◆ **Given information**:
== == ==

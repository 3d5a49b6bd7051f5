-- ===== src/Compose/StartOrder.antt =====
-- `startOrder` of compose.go: depth-first search over `depends_on`.
pub mod Loop
pub mod Fuel
pub mod Sound
use thrive.Prelude.{
  ℕ, zero, suc, Bool, Option, none, some, List, [], ◌∷◌, ◌++◌, Text, ◌=ᵗ◌, Dict, lookup, keys,
  contains, add_key, length, if◌then◌else◌,
}
use thrive.Compose.{ComposeFile, ServiceDef}

pub data VisitError : Type 0 where
  circular_dependency : Text → VisitError
  not_found : Text → VisitError
  out_of_fuel : VisitError

-- The variables that the closure `visit` shares: the names with `visited` true, those with
-- `inStack` true, and `result`.
pub record Search : Type 0 where
  pub visited : List Text
  pub in_stack : List Text
  pub result : List Text

pub data Visit : Type 0 where
  ok : Search → Visit
  err : VisitError → Visit

abbrev pub and_then : Visit → (Search → Visit) → Visit
and_then (ok s) k = k s
and_then (err e) k = err e

-- inStack[name] = false
unfoldable pub clear : Text → List Text → List Text
clear a [] = []
clear a (x ∷ xs) = let rest = clear a xs in if x =ᵗ a then rest else x ∷ rest

-- One visit after another, up to the first error.
unfoldable pub visit_all : (Text → Search → Visit) → List Text → Search → Visit
visit_all visit [] s = ok s
visit_all visit (d ∷ ds) s = and_then (visit d s) (visit_all visit ds)

-- The last statements of `visit`.
abbrev pub finished : Text → Search → Search
finished name s = record {
  visited = add_key s.visited name;
  in_stack = clear name s.in_stack;
  result = s.result ++ name ∷ [];
}

abbrev pub finish : Text → Search → Visit
finish name s = ok (finished name s)

-- `visit`; the fuel bounds the depth of the calls.
unfoldable pub visit : ComposeFile → ℕ → Text → Search → Visit
visit cf zero name s = err out_of_fuel
visit cf (suc fuel) name s =
    let entered = record s { in_stack = name ∷ s.in_stack } in
    let body : Visit = elim (lookup name cf.services) [
      | none ↦ err (not_found name)
      | some svc ↦ and_then (visit_all (visit cf fuel) svc.depends_on entered) (finish name)
    ] in
    if contains s.in_stack name
    then err (circular_dependency name)
    else if contains s.visited name
    then ok s
    else body

abbrev pub start : Search
start = record { visited = []; in_stack = []; result = [] }

-- The stack holds distinct services, so a call stands at most this deep.
unfoldable pub start_order : ComposeFile → Visit
unfolding visit_all visit clear keys
start_order cf = visit_all (visit cf (suc (length cf.services))) (keys cf.services) start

== == ==

◆ **Your instructions**: Every line of the data above should be reproduced word for word.

◆ **Exercise answer**:
repository 3d5a49b6bd7051f5
-- ===== src/Compose/StartOrder.antt =====
-- `startOrder` of compose.go: depth-first search over `depends_on`.
pub mod Loop
pub mod Fuel
pub mod Sound
use thrive.Prelude.{
  ℕ, zero, suc, Bool, Option, none, some, List, [], ◌∷◌, ◌++◌, Text, ◌=ᵗ◌, Dict, lookup, keys,
  contains, add_key, length, if◌then◌else◌,
}
use thrive.Compose.{ComposeFile, ServiceDef}

pub data VisitError : Type 0 where
  circular_dependency : Text → VisitError
  not_found : Text → VisitError
  out_of_fuel : VisitError

-- The variables that the closure `visit` shares: the names with `visited` true, those with
-- `inStack` true, and `result`.
pub record Search : Type 0 where
  pub visited : List Text
  pub in_stack : List Text
  pub result : List Text

pub data Visit : Type 0 where
  ok : Search → Visit
  err : VisitError → Visit

abbrev pub and_then : Visit → (Search → Visit) → Visit
and_then (ok s) k = k s
and_then (err e) k = err e

-- inStack[name] = false
unfoldable pub clear : Text → List Text → List Text
clear a [] = []
clear a (x ∷ xs) = let rest = clear a xs in if x =ᵗ a then rest else x ∷ rest

-- One visit after another, up to the first error.
unfoldable pub visit_all : (Text → Search → Visit) → List Text → Search → Visit
visit_all visit [] s = ok s
visit_all visit (d ∷ ds) s = and_then (visit d s) (visit_all visit ds)

-- The last statements of `visit`.
abbrev pub finished : Text → Search → Search
finished name s = record {
  visited = add_key s.visited name;
  in_stack = clear name s.in_stack;
  result = s.result ++ name ∷ [];
}

abbrev pub finish : Text → Search → Visit
finish name s = ok (finished name s)

-- `visit`; the fuel bounds the depth of the calls.
unfoldable pub visit : ComposeFile → ℕ → Text → Search → Visit
visit cf zero name s = err out_of_fuel
visit cf (suc fuel) name s =
    let entered = record s { in_stack = name ∷ s.in_stack } in
    let body : Visit = elim (lookup name cf.services) [
      | none ↦ err (not_found name)
      | some svc ↦ and_then (visit_all (visit cf fuel) svc.depends_on entered) (finish name)
    ] in
    if contains s.in_stack name
    then err (circular_dependency name)
    else if contains s.visited name
    then ok s
    else body

abbrev pub start : Search
start = record { visited = []; in_stack = []; result = [] }

-- The stack holds distinct services, so a call stands at most this deep.
unfoldable pub start_order : ComposeFile → Visit
unfolding visit_all visit clear keys
start_order cf = visit_all (visit cf (suc (length cf.services))) (keys cf.services) start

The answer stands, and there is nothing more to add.